Work to complete:
Examine the entries below, count the lines holding the string "second", and respond with the number only.
========
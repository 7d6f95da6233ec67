-- ===== src/Arbitration/Tests.antt =====
-- Small runs of the arbitration benchmark.
use zns_emulation_bench.Prelude.{
  ℕ, ◌+◌, ◌*◌, ◌%◌, ◌≤◌, ◌<◌, ◌≡◌, ◌≢◌, ◌⊎◌, refl, true, false, inl, inr, List, [], ◌∷◌, pos,
  negsuc, u64, arith, not, ◌==◌,
}
use zns_emulation_bench.Exec.{done, exited}
use zns_emulation_bench.Arbitration.{
  read, Command, NsEntry, NsWorkerCtx, WorkerThread, ArbContext, Spdk,
}
use zns_emulation_bench.Arbitration.Loop
use zns_emulation_bench.Arbitration.Worker
use zns_emulation_bench.Arbitration.Loop.{Thread, read_at, submit_times, drain_io}
use zns_emulation_bench.Arbitration.Loop.Invariant.{Inv}
use zns_emulation_bench.Arbitration.Loop.Drain.{drain_io_ends}
use zns_emulation_bench.Arbitration.Loop.Submit.{submit_times-offset}
use zns_emulation_bench.Arbitration.Worker.{Work, Round, tsc_end_of, work_fn}
use zns_emulation_bench.Arbitration.Worker.Invariant.{IsEntry}
use zns_emulation_bench.Arbitration.Worker.Phases.{AllFrom}
use zns_emulation_bench.Arbitration.Worker.Total.{Drained, IsNew, work_fn_total}
use zns_emulation_bench.Arbitration.Setup.{
  App, Namespace, new_entry, new_ctx, register_ns, associate_loop, task_count,
}
use zns_emulation_bench.Arbitration.Setup.Namespaces.{Covers, register_ns_cases}
use zns_emulation_bench.Arbitration.Setup.Association.{round_robin, associate_loop-round_robin}
use zns_emulation_bench.Arbitration.Pool.{task_count_enough, one_namespace_one_worker_exits}

-- Everything is given, but the second command is refused.
abbrev pub env : Spdk
env = record {
  dma_zmalloc = λ k. true;
  accepts = λ k. not (k == 1);
  alloc_io_qpair = λ k. true;
  rand_r = λ seed. (seed * 7, seed + 1);
}

abbrev pub cfg : ArbContext
cfg = record {
  shm_id = negsuc 0;
  outstanding_commands = 0;
  num_namespaces = 1;
  num_workers = 1;
  rw_percentage = pos 100;
  is_random = false;
  queue_depth = pos 2;
  time_in_sec = pos 3;
  io_count = pos 100;
  latency_tracking_enable = 0;
  arbitration_mechanism = 0;
  arbitration_config = 0;
  io_size_bytes = 4096;
  max_completions = 0;
  tsc_rate = 10;
  core_mask = "0x3";
  workload_type = "read";
}

abbrev pub entry : NsEntry
entry = record { ctrlr = 0; ns = 1; io_size_blocks = 8; size_in_ios = 5 }

abbrev command : ℕ → Command
command lba = record { op = read; lba = lba; blocks = 8 }

abbrev busy : Thread
busy = record {
  ctx = record {
    entry = entry;
    io_completed = 7;
    current_queue_depth = 2;
    offset_in_ios = 3;
    is_draining = false;
    qpair = command 8 ∷ command 16 ∷ [];
  };
  task_pool = 1;
  seed = 0;
  calls = 4;
  failures = 1;
}

busy-Inv : Inv 4 entry (λ _. Unit) busy
busy-Inv = record {
  same = refl;
  depth = refl;
  balance = refl;
  offset = omega arith;
  commands = (tt, (tt, tt));
}

drain_io_ends_example :
    (t' : Thread) × (drain_io env cfg read_at ([] ∷ (1 ∷ []) ∷ (0 ∷ []) ∷ []) busy ≡ done t')
    × (t'.ctx.current_queue_depth ≡ 0)
    × (t'.ctx.qpair ≡ [])
    × (t'.calls ≡ 4)
    × (u64 t'.ctx.io_completed ≡ u64 9)
    × (t'.task_pool + 1 ≡ 4)
drain_io_ends_example =
    drain_io_ends env cfg read_at 4 entry (omega arith) (omega arith)
      ([] ∷ (1 ∷ []) ∷ (0 ∷ []) ∷ []) busy busy-Inv refl

submit_times-offset_example :
    (t' : Thread) × (submit_times env cfg read_at 3 (record busy { task_pool = 3 }) ≡ done t')
    × (t'.ctx.offset_in_ios ≡ (3 + 3) % 5)
submit_times-offset_example =
    submit_times-offset env cfg read_at (λ k. refl) refl 5 (omega arith) 3
      (record busy { task_pool = 3 }) refl (omega arith) (omega arith)

abbrev rounds : List Round
rounds = record { reaped = (0 ∷ []) ∷ []; ticks = 20 } ∷ record { reaped = []; ticks = 51 } ∷ []

abbrev last_polls : List (List (List ℕ))
last_polls = ((0 ∷ []) ∷ [] ∷ (0 ∷ []) ∷ []) ∷ []

abbrev work : Work
work = record { ctxs = new_ctx entry ∷ []; task_pool = 2; seed = 0; calls = 0; failures = 0 }

work_fn_total_example :
    (w' : Work) × (work_fn env cfg read_at 20 rounds last_polls work ≡ (0, done w'))
    × AllFrom Drained 0 w'.ctxs
    × (w'.task_pool + w'.failures ≡ 2)
unfolding tsc_end_of Worker.for_each Worker.init_contexts Loop.submit_io Loop.submit_task
    Worker.poll_loop Loop.check_io
work_fn_total_example =
    work_fn_total env cfg (λ k. refl) 2 (omega arith) 20 rounds last_polls work (λ k. refl) new refl
      (omega arith) (inr (inl (omega arith))) (refl, tt)
  where
    new : IsNew (new_ctx entry) × Unit {0}
    new = (
      record { entry_ok = omega arith; not_empty = omega arith; no_depth = refl; at_start = refl },
      tt,
    )

-- The second command was refused, so one task of two is lost.
abbrev app : App
app = record { arb = cfg; controllers = []; namespaces = []; workers = [] }

abbrev namespace : Namespace
namespace = record { id = 1; size = 1000000; sector_size = 512; extended_sector_size = 512 }

register_ns_cases_example :
    ((1000000 < 4096) ⊎ (4096 < 512) ⊎ (◌≢◌ {A = ℕ} (4096 % 512) 0))
      × (register_ns true 3 namespace app ≡ done app)
    ⊎ (4096 ≤ 1000000)
      × (512 ≤ 4096)
      × (◌≡◌ {A = ℕ} (4096 % 512) 0)
      × (register_ns true 3 namespace app
          ≡ done (record app {
            arb = record cfg { num_namespaces = 2 };
            namespaces = new_entry 4096 3 namespace ∷ [];
          }))
      × Covers namespace (new_entry 4096 3 namespace)
      × IsEntry (new_entry 4096 3 namespace)
register_ns_cases_example = register_ns_cases 3 namespace app (omega arith) (omega arith)

abbrev worker : ℕ → WorkerThread
worker core = record { ns_ctx = []; lcore = core; qprio = 0 }

associate_loop-round_robin_example :
    associate_loop
      (entry ∷ record entry { ns = 2 } ∷ [])
      3
      0
      0
      (λ k. true)
      (worker 0 ∷ worker 1 ∷ [])
    ≡ (0, round_robin (entry ∷ record entry { ns = 2 } ∷ []) 3 0 (worker 0 ∷ worker 1 ∷ []))
associate_loop-round_robin_example =
    associate_loop-round_robin (entry ∷ record entry { ns = 2 } ∷ []) 3 0 (λ k. true)
      (worker 0 ∷ worker 1 ∷ []) (omega arith) (omega arith) (λ k. refl)

task_count_enough_example : 2 * 2 ≤ task_count (record cfg { num_workers = 3 })
task_count_enough_example =
    task_count_enough (record cfg { num_workers = 3 }) 2 2 refl (omega arith) (omega arith)
      (omega arith) (omega arith)

one_namespace_one_worker_exits_example :
    (ctxs : List NsWorkerCtx) × (associate_loop (entry ∷ []) 2 0 0 (λ k. true) (worker 0 ∷ [])
      ≡ (0, record (worker 0) { ns_ctx = ctxs } ∷ []))
    × (w' : Work) × (work_fn env cfg read_at 20 rounds last_polls
          (record { ctxs = ctxs; task_pool = task_count cfg; seed = 0; calls = 0; failures = 0 })
        ≡ (0, exited w'))
one_namespace_one_worker_exits_example =
    one_namespace_one_worker_exits env cfg read_at entry (worker 0) 2 (λ k. true) 20 0 rounds
      last_polls (λ k. refl) (λ k. refl) refl (omega arith) (omega arith) refl refl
========
Solution to the problem:
2